Mainstream economics today is in the story-telling business whereby economic theorists create make-believe analogue models of the target system – usually conceived as the real economic system. This modeling activity is considered useful and essential. Since fully-fledged experiments on a societal scale as a rule are prohibitively expensive, ethically indefensible or unmanageable, economic theorists have to substitute experimenting with something else. To understand and explain relations between different entities in the real economy the predominant strategy is to build models and make things happen in these “analogue-economy models” rather than engineering things happening in real economies.
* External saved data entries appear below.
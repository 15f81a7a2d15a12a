-- ===== src/Grades/Commands.antt =====
-- The commands of fifo/main.c. Each works in a child process that ends by `exit`. The file names
-- are never `NULL`, so the test of showAll is left out.
pub mod Records
pub mod Find
pub mod RoundTrip
pub mod Listing
pub mod Pages
pub mod Sorting
use system_related_in_c.Base.{
  ℕ, zero, suc, ◌+◌, ◌-◌, ◌*◌, Bool, true, false, ◌&&◌, Option, none, some, List, [], ◌∷◌, ◌++◌,
  ltb, ◌==◌, if◌then◌else◌, length, get_elem?,
}
use system_related_in_c.Base.Int.{ℤ, pos, negsuc, pos_part, neg_part, ◌+ℤ◌, ◌-ℤ◌, ◌*ℤ◌, int}
use system_related_in_c.Grades.Text.{Str, codes, newline, space, Sign, same}
use system_related_in_c.Grades.World.{
  Env, World, Proc, pure, ◌>>=◌, ◌>>◌, exit, undefined, defined, print, append, open_file,
  log_message, fork,
}
use system_related_in_c.Grades.Students.{Student, three_words, load, load_to_five}
use system_related_in_c.Grades.Compare.{compare_by_name, compare_by_grade, sort_order_of}

-- "%s %s's grade: %s\n"
abbrev pub grade_line : Str → Str → Str → Str
grade_line name surname grade =
    name ++ (space ∷ (surname ++ (codes "'s grade: " ++ (grade ++ newline ∷ []))))

abbrev pub grade_lines : List Student → Str
grade_lines [] = []
grade_lines (s ∷ students) = grade_line s.name s.surname s.grade ++ grade_lines students

-- "%s %s %s\n"
abbrev pub record_line : Str → Str → Str → Str
record_line name surname grade = three_words name surname grade ++ newline ∷ []

unfoldable pub find_student : Str → Str → List Student → Option Student
find_student name surname [] = none
find_student name surname (s ∷ students) =
    if same s.name name && same s.surname surname
    then some s
    else find_student name surname students

module _ (env : Env) where
  abbrev pub no_file : Proc (Unit {0})
  no_file = print (codes "Please open a file first.\n")

  unfoldable pub open_command : Str → Proc (Unit {0})
  unfolding open_file log_message
  open_command filename = fork env do
    file ← open_file env filename
    log_message env (codes "File opened successfully ->" ++ filename)
    print (codes "File opened successfully.\n")
    exit 0

  -- What searchStudent says of the student that it has found, or of none.
  unfoldable pub report : Str → Str → Option Student → Proc (Unit {0})
  report name surname none = do
    print (codes "Student " ++ (name ++ (space ∷ (surname ++ codes " not found.\n"))))
    log_message env (codes "Student not found. ->" ++ (name ++ (space ∷ surname)))
  report name surname (some s) = do
    print (grade_line name surname s.grade)
    log_message env (codes "Student searched ->" ++ (s.name ++ (space ∷ s.surname)))

  unfoldable pub search_student : Str → Str → Str → Proc (Unit {0})
  unfolding find_student report
  search_student name surname file_name =
      if length file_name == 0
      then no_file
      else fork env do
        file ← open_file env file_name
        students ← defined (load file)
        report name surname (find_student name surname students)
        exit 0

  -- `line` has 256 bytes, the NUL among them.
  unfoldable pub add_student_grade : Str → Str → Str → Str → Proc (Unit {0})
  add_student_grade name surname grade file_name =
      if length file_name == 0
      then no_file
      else fork env do
        old ← open_file env file_name
        line ← defined (
            if ltb (length (record_line name surname grade)) 256
            then some (record_line name surname grade)
            else none)
        append file_name line
        log_message env (codes "Student Grade Added ->" ++ three_words name surname grade)
        exit 0

  -- A block of `malloc` is not a string yet: what it holds stands before what `strcat` adds, and
  -- anything there is too much for the block.
  unfoldable pub show_sorted : List Student → Proc (Unit {0})
  show_sorted [] = pure tt
  show_sorted (s ∷ students) = do
    print (record_line s.name s.surname s.grade)
    message ←
        defined (
          if length env.malloc_holds == 0
          then some (three_words s.name s.surname s.grade)
          else none)
    log_message env message
    show_sorted students

  module _ (qsort : (Student → Student → Sign) → List Student → List Student) where
    -- The array as it is after the option; any other option leaves it as it was read.
    unfoldable pub sort_students : Str → Str → List Student → List Student
    sort_students order type students =
        if same type (codes "-n")
        then qsort (compare_by_name (sort_order_of order)) students
        else if same type (codes "-g")
        then qsort (compare_by_grade (sort_order_of order)) students
        else students

    unfoldable pub log_sorted : Str → Proc (Unit {0})
    log_sorted type =
        if same type (codes "-n")
        then log_message env (codes "Student are sorted by name succesfully!")
        else if same type (codes "-g")
        then log_message env (codes "Student are sorted by grade succesfully!")
        else pure tt

    unfoldable pub sort_all : Str → Str → Str → Proc (Unit {0})
    sort_all order type file_name =
        if length file_name == 0
        then no_file
        else fork env do
          file ← open_file env file_name
          students ← defined (load file)
          log_sorted type
          show_sorted (sort_students order type students)
          exit 0

  unfoldable pub show_all : Str → Proc (Unit {0})
  show_all file_name = fork env do
    file ← open_file env file_name
    students ← defined (load file)
    print (grade_lines students)
    log_message env (codes "All students are printed")
    exit 0

  unfoldable pub list_grades : Str → Proc (Unit {0})
  list_grades file_name =
      if length file_name == 0
      then no_file
      else fork env do
        file ← open_file env file_name
        students ← defined (load_to_five file)
        print (grade_lines students)
        log_message env (codes "First 5 student are printed")
        exit 0

  -- The loop from `startLine` on, with the number of rounds. An index where no student was
  -- stored is undefined.
  unfoldable pub show_page : ℕ → ℤ → List Student → Proc (Unit {0})
  show_page zero line students = pure tt
  show_page (suc k) (negsuc n) students = undefined
  show_page (suc k) (pos n) students = do
    s ← defined (get_elem? students n)
    print (grade_line s.name s.surname s.grade)
    show_page k (pos (n + 1)) students

  unfoldable pub list_some : Str → ℤ → ℤ → Proc (Unit {0})
  unfolding show_page
  list_some file_name page_num num_entries =
      if length file_name == 0
      then no_file
      else fork env do
        file ← open_file env file_name
        product ← defined (int (pos 5 *ℤ page_num))
        start ← defined (int (product -ℤ pos 5))
        sum ← defined (int (start +ℤ num_entries))
        end ← defined (int (sum -ℤ pos 1))
        students ← defined (load file)
        show_page (pos_part (end +ℤ pos 1 -ℤ start)) start students
        log_message env (codes "Students are listed by page number")
        exit 0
Formalistic deductive “Glasperlenspiel” can be very impressive and seductive. But in the realm of science it ought to be considered of little or no value to simply make claims about the model and lose sight of reality. As Julian Reiss writes:

errorineconomicsThere is a difference between having evidence for some hypothesis and having evidence for the hypothesis relevant for a given purpose. The difference is important because scientific methods tend to be good at addressing hypotheses of a certain kind and not others: scientific methods come with particular applications built into them … The advantage of mathematical modelling is that its method of deriving a result is that of mathemtical prof: the conclusion is guaranteed to hold given the assumptions. However, the evidence generated in this way is valid only in abstract model worlds while we would like to evaluate hypotheses about what happens in economies in the real world … The upshot is that valid evidence does not seem to be enough. What we also need is to evaluate the relevance of the evidence in the context of a given purpose.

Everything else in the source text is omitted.